Distension of the uterus induces HspB1 expression in rat uterine smooth muscle.

The uterine musculature, or myometrium, demonstrates tremendous plasticity during pregnancy under the influences of the endocrine environment and mechanical stresses. Expression of the small stress protein heat shock protein B1 (HspB1) has been reported to increase dramatically during late pregnancy, a period marked by myometrial hypertrophy caused by fetal growth-induced uterine distension. Thus, using unilaterally pregnant rat models and ovariectomized nonpregnant rats with uteri containing laminaria tents to induce uterine distension, we examined the effect of uterine distension on myometrial HspB1 expression. In unilaterally pregnant rats, HspB1 mRNA and Ser(15)-phosphorylated HspB1 (pSer(15) HspB1) protein expression were significantly elevated in distended gravid uterine horns at days 19 and 23 (labor) of gestation compared with nongravid horns.
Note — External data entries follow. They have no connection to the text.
-- ===== src/Web/Table/Served.antt =====
-- The connections that the server's loop reaches.
use itertk.Base.{
  ℕ, zero, suc, ◌+◌, ◌-◌, drop-drop, ◌≤◌, ◌<◌, ◌≡◌, refl, sym, ap, ◌∙◌, Bool, Option, none, some,
  List, [], ◌∷◌, ltb, arith, subst, length, drop, Bool-cases, Option-cases, inl, inr,
}
use itertk.Conf.{ConfigNet}
use itertk.Client.{Client}
use itertk.Wire.{NetConn, Step, net_conn_close}
use itertk.Web.{Web, Board}
use itertk.Web.Table.{
  Server, Arrival, Round, max_tcp_conn, is_free, raise_to, web_init, take_slot, accept_conn,
  serve_one, serve, close_all, web_process, web_run,
}

abbrev pub AllFree : List NetConn → Type 0
AllFree [] = Unit
AllFree (c ∷ cs) = (c.client_conn ≡ none) × AllFree cs

-- The table has its length, and no connection stands behind the entries that the loop serves.
pub record IsServed (s : Server) : Type 0 where
  pub whole : length s.conns ≡ max_tcp_conn
  pub bound : s.max_i < max_tcp_conn
  pub behind : AllFree (drop (suc s.max_i) s.conns)

-- The new connection stands at its index, the entries behind it are as they were.
record Slot (i : ℕ) (a : Arrival) (cs : List NetConn) (j : ℕ) (r : List NetConn) : Type 0 where
  at : ℕ
  place : j ≡ i + at
  inside : at < length cs
  size : length r ≡ length cs
  after : drop (suc at) r ≡ drop (suc at) cs

take_slot-Slot :
    (i : ℕ) (a : Arrival) (cs : List NetConn) (j : ℕ)
    → (take_slot i a cs).0 ≡ some j
    → Slot i a cs j (take_slot i a cs).1
unfolding take_slot
take_slot-Slot i a [] j e = absurd (let f : none ≡ some j = e in cc)
take_slot-Slot i a (c ∷ cs) j e = elim (Bool-cases (is_free c)) [
  | inl free ↦
      let f : some i ≡ some j = rw free at e in
      let g : i ≡ j = cc in
      rw free (record {
        at = 0;
        place = omega (arith, g);
        inside = omega arith;
        size = refl;
        after = refl;
      })
  | inr taken ↦
      let f : (take_slot (i + 1) a cs).0 ≡ some j = rw taken at e in
      let s = take_slot-Slot (i + 1) a cs j f in
      rw taken (record {
        at = suc s.at;
        place = omega (arith, s.place);
        inside = omega (arith, s.inside);
        size = ap suc s.size;
        after = s.after;
      })
]

AllFree-drop : (k : ℕ) (cs : List NetConn) → AllFree cs → AllFree (drop k cs)
AllFree-drop zero cs h = h
AllFree-drop (suc k) [] h = h
AllFree-drop (suc k) (c ∷ cs) h = AllFree-drop k cs h.1

AllFree-later : (i j : ℕ) (cs : List NetConn) → i ≤ j → AllFree (drop i cs) → AllFree (drop j cs)
AllFree-later zero j cs h f = AllFree-drop j cs f
AllFree-later (suc i) zero cs h f = absurd (omega arith)
AllFree-later (suc i) (suc j) [] h f = f
AllFree-later (suc i) (suc j) (c ∷ cs) h f = AllFree-later i j cs (omega arith) f

raise_to-new : (a b : ℕ) → a ≤ raise_to a b
raise_to-new a b = ground arith

raise_to-old : (a b : ℕ) → b ≤ raise_to a b
raise_to-old a b = ground arith

raise_to_lt : (a b n : ℕ) → a < n → b < n → raise_to a b < n
raise_to_lt a b n h g = ground arith

accept_conn-IsServed :
    (arrival : Option (Option Arrival)) (s : Server) → IsServed s → IsServed (accept_conn arrival s)
unfolding accept_conn
accept_conn-IsServed none s h = h
accept_conn-IsServed (some none) s h = h
accept_conn-IsServed (some (some a)) s h = elim (Bool-cases (ltb 0 a.fd)) [
  | inr zero_fd ↦ rw zero_fd h
  | inl live ↦ elim (Option-cases (take_slot 0 a s.conns).0) [
    | inl full ↦ rw (live, full) h
    | inr (i, e) ↦
        let t = take_slot-Slot 0 a s.conns i e in
        let new = (take_slot 0 a s.conns).1 in
        let top = raise_to i s.max_i in
        let same : i ≡ t.at = omega (arith, t.place) in
        let upto : AllFree (drop (suc top) s.conns) =
          AllFree-later (suc s.max_i) (suc top) s.conns (omega (arith, raise_to-old i s.max_i))
            h.behind in
        rw (live, e)
          (record {
            whole = t.size ∙ h.whole;
            bound =
                raise_to_lt i s.max_i max_tcp_conn (omega (arith, t.inside, h.whole, same)) h.bound;
            behind =
                subst AllFree
                  (sym (
                    drop-same (suc t.at) (suc top) new s.conns
                      (omega (arith, raise_to-new i s.max_i, same)) t.after))
                  upto;
          })
  ]
]
  where
    drop-same :
        (i j : ℕ) (xs ys : List NetConn) → i ≤ j → drop i xs ≡ drop i ys → drop j xs ≡ drop j ys
    drop-same i j xs ys h e =
        let f : i + (j - i) ≡ j = omega (arith, h) in
        let g : (l : List NetConn) → drop j l ≡ drop (j - i) (drop i l) =
          λ l. ap (λ k. drop k l) (sym f) ∙ sym (drop-drop i (j - i) l) in
        g xs ∙ ap (drop (j - i)) e ∙ sym (g ys)

-- The loop over the first `n` entries leaves the later ones.
abbrev Keeps : ℕ → List NetConn → Step (List NetConn × Client × List ConfigNet) → Type 0
Keeps n cs (Step.done r) = (length r.0 ≡ length cs) × (drop n r.0 ≡ drop n cs)
Keeps n cs Step.pending = Unit
Keeps n cs Step.fault = Unit

serve-Keeps :
    (b : Board) (readable : ℕ → Bool) (n : ℕ) (cs : List NetConn) (client : Client)
    (net_set : List ConfigNet)
    → Keeps n cs (serve b readable n cs client net_set)
unfolding serve
serve-Keeps b readable zero cs client net_set = (refl, refl)
serve-Keeps b readable (suc n) [] client net_set = (refl, refl)
serve-Keeps b readable (suc n) (c ∷ cs) client net_set =
    first (λ d m. serve-Keeps b readable n cs d m) (serve_one b readable c client net_set)
  where
    rest :
        (w : Web) (t : Step (List NetConn × Client × List ConfigNet))
        → Keeps n cs t
        → Keeps (suc n) (c ∷ cs) (elim t [
          | Step.done r ↦ Step.done (w.conn ∷ r.0, r.1, r.2)
          | Step.pending ↦ Step.pending
          | Step.fault ↦ Step.fault
        ])
    rest w (Step.done r) h = (ap suc h.0, h.1)
    rest w Step.pending h = tt
    rest w Step.fault h = tt

    first :
        ((d : Client) (m : List ConfigNet) → Keeps n cs (serve b readable n cs d m))
        → (t : Step Web)
        → Keeps (suc n) (c ∷ cs) (elim t [
          | Step.done w ↦ elim (serve b readable n cs w.client w.net_set) [
            | Step.done r ↦ Step.done (w.conn ∷ r.0, r.1, r.2)
            | Step.pending ↦ Step.pending
            | Step.fault ↦ Step.fault
          ]
          | Step.pending ↦ Step.pending
          | Step.fault ↦ Step.fault
        ])
    first ih (Step.done w) =
        rest w (serve b readable n cs w.client w.net_set) (ih w.client w.net_set)
    first ih Step.pending = tt
    first ih Step.fault = tt

net_conn_close-free : (c : NetConn) → c.client_conn ≡ none → (net_conn_close c).client_conn ≡ none
unfolding net_conn_close
net_conn_close-free c e = ground (arith, e)

close_all-AllFree :
    (k : ℕ) (cs : List NetConn) → AllFree (drop k cs) → AllFree (drop k (close_all cs))
unfolding close_all
close_all-AllFree zero [] h = tt
close_all-AllFree (suc k) [] h = tt
close_all-AllFree zero (c ∷ cs) h = (net_conn_close-free c h.0, close_all-AllFree zero cs h.1)
close_all-AllFree (suc k) (c ∷ cs) h = close_all-AllFree k cs h

length-close_all : (cs : List NetConn) → length (close_all cs) ≡ length cs
unfolding close_all
length-close_all [] = refl
length-close_all (c ∷ cs) = ap suc (length-close_all cs)

-- A property of the server, if the round has returned.
abbrev pub Holds : (Server → Type 0) → Step Server → Type 0
Holds P (Step.done s) = P s
Holds P Step.pending = Unit
Holds P Step.fault = Unit

web_process-IsServed :
    (b : Board) (r : Round) (s : Server) → IsServed s → Holds IsServed (web_process b r s)
unfolding web_process
web_process-IsServed b Round.nothing s h = h
web_process-IsServed b Round.interrupted s h = h
web_process-IsServed b Round.failed s h = record {
  whole = length-close_all s.conns ∙ h.whole;
  bound = h.bound;
  behind = close_all-AllFree (suc s.max_i) s.conns h.behind;
}
web_process-IsServed b (Round.ready arrival readable) s h =
    let t = accept_conn arrival s in
    let g = accept_conn-IsServed arrival s h in
    served t g (serve b readable (suc t.max_i) t.conns t.client t.net_set)
      (serve-Keeps b readable (suc t.max_i) t.conns t.client t.net_set)
  where
    served :
        (t : Server)
        → IsServed t
        → (u : Step (List NetConn × Client × List ConfigNet)) → Keeps (suc t.max_i) t.conns u
        → Holds IsServed (elim u [
          | Step.done r ↦ Step.done (record t { conns = r.0; client = r.1; net_set = r.2 })
          | Step.pending ↦ Step.pending
          | Step.fault ↦ Step.fault
        ])
    served t g (Step.done r) k = record {
      whole = k.0 ∙ g.whole;
      bound = g.bound;
      behind = subst AllFree (sym k.1) g.behind;
    }
    served t g Step.pending k = tt
    served t g Step.fault k = tt

web_run-from : (rs : List (Board × Round)) (s : Server) → IsServed s → Holds IsServed (web_run rs s)
unfolding web_run
web_run-from [] s h = h
web_run-from (r ∷ rs) s h =
    next (λ t g. web_run-from rs t g) (web_process r.0 r.1 s) (web_process-IsServed r.0 r.1 s h)
  where
    next :
        ((t : Server) → IsServed t → Holds IsServed (web_run rs t))
        → (t : Step Server) → Holds IsServed t
        → Holds IsServed (elim t [
          | Step.done u ↦ web_run rs u
          | Step.pending ↦ Step.pending
          | Step.fault ↦ Step.fault
        ])
    next ih (Step.done u) g = ih u g
    next ih Step.pending g = tt
    next ih Step.fault g = tt

-- From its start on, whatever connections come, whatever they send and however transfers and select go,
-- the server's table keeps its nine entries, and every connection in it stands at an index that the loop
-- of web_process serves: none is ever left waiting behind m_max_i.
pub web_run-IsServed :
    (rs : List (Board × Round)) (client : Client) (listen : ℕ)
    → Holds IsServed (web_run rs (web_init client listen))
unfolding web_init
web_run-IsServed rs client listen = web_run-from rs (web_init client listen) (record {
  whole = refl;
  bound = omega arith;
  behind = (refl, (refl, (refl, (refl, (refl, (refl, (refl, (refl, tt))))))));
})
Similarly, pSer(15) HspB1 protein in situ was only readily detectable in the distended horns compared with the nongravid horns at days 19 and 23; however, pSer(15) HspB1 was primarily detectable in situ at day 19 in membrane-associated regions, while it had primarily a cytoplasmic localization in myometrial cells at day 23. HspB1 mRNA and pSer(15) HspB1 protein expression were also markedly increased in ovariectomized nonpregnant rat myometrium distended for 24 h with laminaria tents compared with empty horns. Therefore, uterine distension plays a major role in the stimulation of myometrial HspB1 expression, and increased expression of this small stress protein could be a mechanoadaptive response to the increasing uterine distension that occurs during pregnancy.